§ **Exercise directions**: Everything from the line containing "receipts = empty_receipts;" through the last line of the material must be restated word for word, and only that.
——————————
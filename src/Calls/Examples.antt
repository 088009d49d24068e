-- ===== src/Calls/Examples.antt =====
-- States of small programs (fuel-vm/src/interpreter.rs).
use fuel_vm.Reg
use fuel_vm.Prelude.{ℕ, none, some, List, [], ◌∷◌, replicate, if◌then◌else◌, ◌==◌, if◌then◌else◌}
use fuel_vm.Memory.{mem_size}
use fuel_vm.Vm.Gas.{DependentCost}
use fuel_vm.Calls.{Interpreter, Parameters, zeroed}
use fuel_vm.Calls.Receipts.{Receipt, empty_receipts}
use fuel_vm.Calls.Frame.{Context}

abbrev pub empty_hash : List ℕ → List ℕ
empty_hash bytes = []

abbrev pub empty_bytes : Receipt → List ℕ
empty_bytes receipt = []

abbrev pub parameters : Parameters
parameters = record {
  sha256 = empty_hash;
  to_bytes = empty_bytes;
  call = DependentCost.light_operation 10 2;
  ret = 1;
  retd = DependentCost.light_operation 1 2;
  rvrt = 1;
  bal = 1;
  tr = 1;
  mint = 1;
  burn = 1;
  log = 1;
  logd = DependentCost.light_operation 1 2;
  new_storage_per_byte = 1;
}

-- `$sp` and `$ssp` are 200, `$hp` is the end, and there is gas.
abbrev pub caller_registers : ℕ → ℕ
caller_registers r =
    if r == Reg.sp
    then 200
    else if r == Reg.ssp
    then 200
    else if r == Reg.hp
    then mem_size
    else if r == Reg.cgas
    then 5000
    else if r == Reg.ggas
    then 6000
    else 0

-- A script that has 7 coins of an asset, and a contract of 4 bytes among the inputs
abbrev pub caller : Interpreter
caller = record {
  vm = record {
    registers = caller_registers;
    memory = record { stack = replicate 200 0; heap = []; hp = mem_size };
    frames = [];
  };
  context = Context.script 1;
  receipts = empty_receipts;
  balances = (zeroed, record { value = 7; offset = 64 }) ∷ [];
  storage = record { assets = λ c a. none; code = λ c. some (1 ∷ 2 ∷ 3 ∷ 4 ∷ []) };
  input_contracts = zeroed ∷ [];
  panic_context = none;
}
——————————
§ **Answer box**:
  receipts = empty_receipts;
  balances = (zeroed, record { value = 7; offset = 64 }) ∷ [];
  storage = record { assets = λ c a. none; code = λ c. some (1 ∷ 2 ∷ 3 ∷ 4 ∷ []) };
  input_contracts = zeroed ∷ [];
  panic_context = none;
}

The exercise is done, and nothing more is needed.